Important: the function call is synchronous. The conversation pauses briefly while the function executes. In practice, you barely notice because the query returns quickly. But it's not a true background action — more like briefly flipping through a calendar.

In the prototype, the function reads a text file. In reality, that would be an API to Doctolib, a practice management system, or a calendar. Defining the interface is simple. The real work is in the backend: authentication, error handling, permissions, logging. That's the part you don't build in an afternoon.
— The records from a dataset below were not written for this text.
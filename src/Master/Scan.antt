-- ===== src/Master/Scan.antt =====
-- ProcessSingleFile and ScanDirectoryRecursively of NetServer/src/MasterServer.cpp. The file system is
-- a parameter: what std::filesystem tells of a path.
pub mod Tasks
pub mod Depth
use mathlib.Core.Option
use log_grid.Base.{
  Bool, List, Option, [], false, if◌then◌else◌, leb, length, none, some, suc, true, zero, ℕ, ◌%◌,
  ◌+◌, ◌==◌, ◌^◌, ◌∷◌,
}
use log_grid.Protocol.{TaskPayload, filename_size}
use log_grid.Master.Chunks.{create_chunk_task, enqueue_file_chunks}

-- SearchConfig
pub record SearchConfig : Type 0 where
  pub output_dir : List ℕ
  pub max_results : ℕ

pub data FileKind : Type 0 where
  directory regular_file other_kind : FileKind

-- An entry of a directory: `none` where the call on it reports an error.
pub record Entry : Type 0 where
  pub path : List ℕ
  pub symlink : Option Bool
  pub kind : Option FileKind

-- A listing is `none` if the directory cannot be opened; the flag tells that it stopped early, by a
-- failed increment of the iterator.
pub record FileSystem : Type 0 where
  pub canonical : List ℕ → Option (List ℕ)
  pub file_kind : List ℕ → FileKind
  pub file_size : List ℕ → Option ℕ
  pub listing : List ℕ → Option (List Entry × Bool)

-- The tasks that a scan has collected and the errors that it has counted.
pub record Scan : Type 0 where
  pub out_tasks : List TaskPayload
  pub scan_errors : ℕ

abbrev pub add_scan_error : Scan → Scan
add_scan_error acc = record acc { scan_errors = (acc.scan_errors + 1) % 2 ^ 64 }

-- The chunks of a file of known size: `none` where the loop that cuts it does not end, and where
-- CreateChunkTask throws, which the test on the length before it rules out.
abbrev pub enqueue_task :
    ℕ → Option TaskPayload → List TaskPayload → Option (Bool × List TaskPayload)
enqueue_task size none out = none
enqueue_task size (some base) out =
    Option.map (λ tasks. (true, tasks)) (enqueue_file_chunks size base out)

module _ (fs : FileSystem) (keyword : List ℕ) (search_id : ℕ) (config : SearchConfig) where
  abbrev pub process_sized : List ℕ → Option ℕ → List TaskPayload → Option (Bool × List TaskPayload)
  process_sized path none out = some (false, out)
  process_sized path (some size) out =
      if size == 0
      then some (true, out)
      else if leb filename_size (length path)
      then some (false, out)
      else enqueue_task size (create_chunk_task path keyword search_id config.max_results) out

  -- `ProcessSingleFile`: whether the file was fit, and the tasks with its chunks.
  unfoldable pub process_single_file : List ℕ → List TaskPayload → Option (Bool × List TaskPayload)
  process_single_file path out = process_sized path (fs.file_size path) out

  abbrev pub after_file : Scan → Bool × List TaskPayload → Scan
  after_file acc (true, tasks) = record acc { out_tasks = tasks }
  after_file acc (false, tasks) = add_scan_error (record acc { out_tasks = tasks })

  -- The body of the loop for an entry that is no symbolic link; `scan` is the recursive call.
  abbrev pub scan_kind :
      (List ℕ → Scan → Option Scan) → List ℕ → Option FileKind → Scan → Option Scan
  scan_kind scan path (some directory) acc = scan path acc
  scan_kind scan path (some regular_file) acc =
      Option.map (after_file acc) (process_single_file path acc.out_tasks)
  scan_kind scan path (some other_kind) acc = some acc
  scan_kind scan path none acc = some (add_scan_error acc)

  abbrev pub scan_entry : (List ℕ → Scan → Option Scan) → Entry → Option Bool → Scan → Option Scan
  scan_entry scan entry none acc = some (add_scan_error acc)
  scan_entry scan entry (some true) acc = some acc
  scan_entry scan entry (some false) acc = scan_kind scan entry.path entry.kind acc

  abbrev pub scan_entries : (List ℕ → Scan → Option Scan) → List Entry → Scan → Option Scan
  scan_entries scan [] acc = some acc
  scan_entries scan (entry ∷ entries) acc =
      Option.bind (scan_entry scan entry entry.symlink acc) (scan_entries scan entries)

  abbrev pub after_listing : Bool → Scan → Scan
  after_listing false acc = acc
  after_listing true acc = add_scan_error acc

  abbrev pub scan_listing :
      (List ℕ → Scan → Option Scan) → Option (List Entry × Bool) → Scan → Option Scan
  scan_listing scan none acc = some (add_scan_error acc)
  scan_listing scan (some (entries, stopped)) acc =
      Option.map (after_listing stopped) (scan_entries scan entries acc)

  -- `ScanDirectoryRecursively`, on fuel for the depth of the directories; `none` where it runs out.
  unfoldable pub scan_directory_recursively : ℕ → List ℕ → Scan → Option Scan
  scan_directory_recursively zero dir acc = none
  scan_directory_recursively (suc fuel) dir acc =
      scan_listing (scan_directory_recursively fuel) (fs.listing dir) acc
4. Limitations of the Prototype

Uschi is a prototype. Built in an afternoon. Naturally, there are limits.

The voice sounds good but not perfect. In long sentences, you notice the synthetic character. Latency fluctuates between "instant" and "brief pause" depending on server load.

Speech recognition works reliably even with dialects and accents. Language switching works better than expected (Gemini supports 97 languages). And the personality comes through: the dry humor, the Cologne charm. Uschi doesn't feel like a bot.

What the prototype doesn't show: the entire telephony layer is missing. No SIP, no real phone number, no routing, no call forwarding. This is a browser demo with a microphone, not a finished phone assistant. From this demo to a system that reliably takes calls in a real practice is a long road.

5. Data Privacy: What You Need to Know

What happens to the voice data?

With Gemini 3.1 Flash Live, audio data is streamed in real time and, according to Google's API terms, not used for model training when you use the paid API. Data runs through Google servers. Details on regions and transient storage are in the terms of service; EU locations are available through Vertex AI.

For production use in Germany, you need a data processing agreement (DPA) with Google, a data protection impact assessment, and an announcement that the caller is speaking with an AI.

Important note for the medical context: Google's API terms of service explicitly exclude use "in clinical practice" and for "medical advice." A voice bot deployed in a medical practice must not provide medical assessments. For pure appointment scheduling and standard questions, that's fine — but the boundary must be clearly defined and technically enforced.

For a demo like this prototype, none of this is critical. For real practice operations with patient data, the architecture needs to be clean: stream audio only, don't store it. Pseudonymize transcripts. And a clear announcement at the start of the call.

6. Handoff to Humans

In a production system, the most important feature wouldn't be talking — it would be recognizing when a human needs to take over.

A voice bot in a practice would need to recognize when it's out of its depth: keywords like chest pain, shortness of breath, or emergency would need to be routed to a human immediately. And after three unsuccessful attempts, the AI should honestly say: "Let me connect you with someone from the team."

In the prototype, that's a few lines in the system prompt. In a real system, there's escalation logic, call forwarding, and a fallback for when no one is available.

Conclusion

It took me three hours to build a prototype that holds conversations, speaks 97 languages, and looks up appointments from a text file.

For a demo, that holds up. It's not a finished product. Between this prototype and a system that reliably takes calls in a medical practice lie telephony infrastructure, practice software integration, data privacy architecture, and extensive testing.

The conversation feels more natural than you'd expect from an API.

Tech Stack & Links

Model: Google Gemini 3.1 Flash Live (native audio-to-audio)
Backend: Python, FastAPI, WebSockets
Frontend: Vanilla HTML/JS, AudioWorklet API
Cost: A few cents per 3-minute conversation (Gemini)
Languages: 97, seamless switching mid-conversation

Frequently Asked Questions

Is it GDPR compliant? The prototype: uncritical for internal tests. A production system needs a DPA, data protection impact assessment, and AI transparency announcement. Google's API terms also exclude use for medical advice.

How far is this from a real phone assistant? A prototype takes an afternoon. A production-ready system with telephony integration (SIP/PSTN), practice software connection, data privacy, and escalation logic takes weeks to months.